## [AIM OF THE EXERCISE]
Search the material for the string "refuse", then show every line where it turns up.

## [SUPPLIED DATA]
-- ===== src/Llm/Clients.antt =====
-- NewInsightGenerator of internal/llm/providers.go and the constructors that it calls, in the
-- *_client.go files beside it: which settings make a client, and what the client then keeps. The
-- third-party SDKs of OpenAI and Anthropic, and `net/url`, are parameters.
use capacity_planning_operat.Prelude.{Bool, ◌||◌, Option, none, some, if◌then◌else◌, ◌++◌, []}
use capacity_planning_operat.Prelude.Int.{ℤ, pos}
use capacity_planning_operat.Prelude.Text.{
  Str, bytes, is_empty, str_eq, trim_space, has_suffix, trim_slashes,
}
use capacity_planning_operat.Prelude.Fallible.{Fallible, ok, err, ◌>>=◌, ◌>>◌, refuse}
use capacity_planning_operat.Llm.{
  ProviderConfig, normalize, default_failures, default_cooldown, or_when_not_positive,
  provider_disabled, provider_open_ai, provider_anthropic, provider_fast_api, provider_ollama,
}

-- `url.URL`, of which the code reads or writes these parts.
pub record Url (Rest : Type 0) : Type 0 where
  pub scheme : Str
  pub host : Str
  pub path : Str
  pub raw_path : Str
  pub raw_query : Str
  pub fragment : Str
  pub rest : Rest

-- `url.Parse` with the text of its error, and `String`.
pub record UrlLibrary : Type 1 where
  pub Rest : Type 0
  pub parse : Str → Fallible (Url Rest)
  pub print : Url Rest → Str

-- The clients of OpenAI and of Anthropic keep the same.
pub record SdkGenerator (F : Type 0) : Type 0 where
  pub api_key : Str
  pub base_url : Str
  pub timeout : ℤ
  pub model : Str
  pub max_tokens : ℤ
  pub temperature : Option F

pub record OllamaInsightGenerator (F : Type 0) : Type 0 where
  pub endpoint : Str
  pub model : Str
  pub max_tokens : ℤ
  pub temperature : Option F
  pub timeout : ℤ

-- The settings of a FastAPI client, which do not change, and what its lock guards; `none` is the zero
-- time.
pub record FastApiInsightGenerator : Type 0 where
  pub url : Str
  pub health_url : Str
  pub auth_token : Str
  pub tls_skip_verify : Bool
  pub timeout : ℤ
  pub failure_threshold : ℤ
  pub cooldown : ℤ
  pub consecutive_fails : ℤ
  pub degraded_until : Option ℤ

pub data Generator (F : Type 0) : Type 0 where
  open_ai : SdkGenerator F → Generator F
  anthropic : SdkGenerator F → Generator F
  fast_api : FastApiInsightGenerator → Generator F
  ollama : OllamaInsightGenerator F → Generator F

abbrev or_model : Str → Str → Str
or_model model d = if is_empty (trim_space model) then d else trim_space model

module _ {F : Type 0} where
  unfoldable pub new_open_ai_insight_generator : ProviderConfig F → Fallible (Generator F)
  new_open_ai_insight_generator cfg =
      if is_empty (trim_space cfg.open_ai.api_key)
      then err (bytes "openai api key is required")
      else ok (
          open_ai (record {
            api_key = cfg.open_ai.api_key;
            base_url = trim_space cfg.open_ai.base_url;
            timeout = cfg.timeout;
            model = or_model cfg.model (bytes "gpt-4.1-mini");
            max_tokens = cfg.max_tokens;
            temperature = cfg.temperature;
          }))

  unfoldable pub new_anthropic_insight_generator : ProviderConfig F → Fallible (Generator F)
  new_anthropic_insight_generator cfg =
      if is_empty (trim_space cfg.anthropic.api_key)
      then err (bytes "anthropic api key is required")
      else ok (
          anthropic (record {
            api_key = cfg.anthropic.api_key;
            base_url = trim_space cfg.anthropic.base_url;
            timeout = cfg.timeout;
            model = or_model cfg.model (bytes "claude-3-5-haiku-latest");
            max_tokens = cfg.max_tokens;
            temperature = cfg.temperature;
          }))

-- The path that replaces that of the given address.
abbrev generate_path : Str → Str
generate_path path =
    if is_empty path || str_eq path (bytes "/")
    then bytes "/api/generate"
    else trim_slashes path ++ bytes "/api/generate"

abbrev pub has_generate : Str → Bool
has_generate path = has_suffix (bytes "/api/generate") path

module _ (urls : UrlLibrary) where
  abbrev health_of : Fallible (Url urls.Rest) → Str
  health_of (err e) = []
  health_of (ok u) =
      if is_empty u.scheme || is_empty u.host
      then []
      else urls.print
          (record u { path = bytes "/healthz"; raw_path = []; raw_query = []; fragment = [] })

  unfoldable pub derive_fast_api_health_url : Str → Str
  derive_fast_api_health_url raw = health_of (urls.parse (trim_space raw))

  abbrev generate_url : Url urls.Rest → Str
  generate_url u =
      let path = trim_space u.path in
      urls.print (record u {
        path = if has_generate path then u.path else generate_path path;
        raw_query = [];
        fragment = [];
      })

  abbrev checked_url : Fallible (Url urls.Rest) → Fallible Str
  checked_url (err e) = err (bytes "invalid ollama url: " ++ e)
  checked_url (ok u) =
      if is_empty u.scheme || is_empty u.host
      then err (bytes "ollama url must include scheme and host")
      else ok (generate_url u)

  unfoldable pub resolve_ollama_generate_url : Str → Fallible Str
  resolve_ollama_generate_url base_url = checked_url (urls.parse base_url)

module _ {F : Type 0} (urls : UrlLibrary) where
  unfoldable pub new_fast_api_insight_generator :
      ProviderConfig F → Fallible FastApiInsightGenerator
  new_fast_api_insight_generator cfg =
      let url = trim_space cfg.fast_api.url in
      let health = trim_space cfg.fast_api.health_url in
      if is_empty url
      then err (bytes "fastapi url is required")
      else ok (record {
        url = url;
        health_url = if is_empty health then derive_fast_api_health_url urls url else health;
        auth_token = trim_space cfg.fast_api.auth_token;
        tls_skip_verify = cfg.fast_api.tls_skip_verify;
        timeout = cfg.timeout;
        failure_threshold = or_when_not_positive cfg.fast_api.failure_threshold default_failures;
        cooldown = or_when_not_positive cfg.fast_api.cooldown default_cooldown;
        consecutive_fails = pos 0;
        degraded_until = none;
      })

  unfoldable pub new_ollama_insight_generator : ProviderConfig F → Fallible (Generator F)
  new_ollama_insight_generator cfg = do
    let base_url = trim_space cfg.ollama.url
    refuse (is_empty base_url) (bytes "ollama url is required")
    let model = trim_space cfg.model
    refuse (is_empty model) (bytes "ollama model is required")
    endpoint ← resolve_ollama_generate_url urls base_url
    ok (
        ollama (record {
          endpoint = endpoint;
          model = model;
          max_tokens = cfg.max_tokens;
          temperature = cfg.temperature;
          timeout = cfg.timeout;
        }))

  abbrev some_generator : Fallible (Generator F) → Fallible (Option (Generator F))
  some_generator r = do g ← r; ok (some g)

  abbrev fast_api_generator : Fallible FastApiInsightGenerator → Fallible (Option (Generator F))
  fast_api_generator r = do g ← r; ok (some (fast_api g))

  -- The `switch`.
  unfoldable pub select_provider : ProviderConfig F → Fallible (Option (Generator F))
  select_provider cfg =
      if str_eq cfg.provider provider_disabled
      then ok none
      else (if str_eq cfg.provider provider_open_ai
          then some_generator (new_open_ai_insight_generator cfg)
          else (if str_eq cfg.provider provider_anthropic
              then some_generator (new_anthropic_insight_generator cfg)
              else (if str_eq cfg.provider provider_fast_api
                  then fast_api_generator (new_fast_api_insight_generator cfg)
                  else (if str_eq cfg.provider provider_ollama
                      then some_generator (new_ollama_insight_generator cfg)
                      else err (bytes "unsupported llm provider: " ++ cfg.provider)))))

  unfoldable pub new_insight_generator : ProviderConfig F → Fallible (Option (Generator F))
  new_insight_generator cfg = select_provider (normalize cfg)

## [THE COMPLETED TASK]
use capacity_planning_operat.Prelude.Fallible.{Fallible, ok, err, ◌>>=◌, ◌>>◌, refuse}
    refuse (is_empty base_url) (bytes "ollama url is required")
    refuse (is_empty model) (bytes "ollama model is required")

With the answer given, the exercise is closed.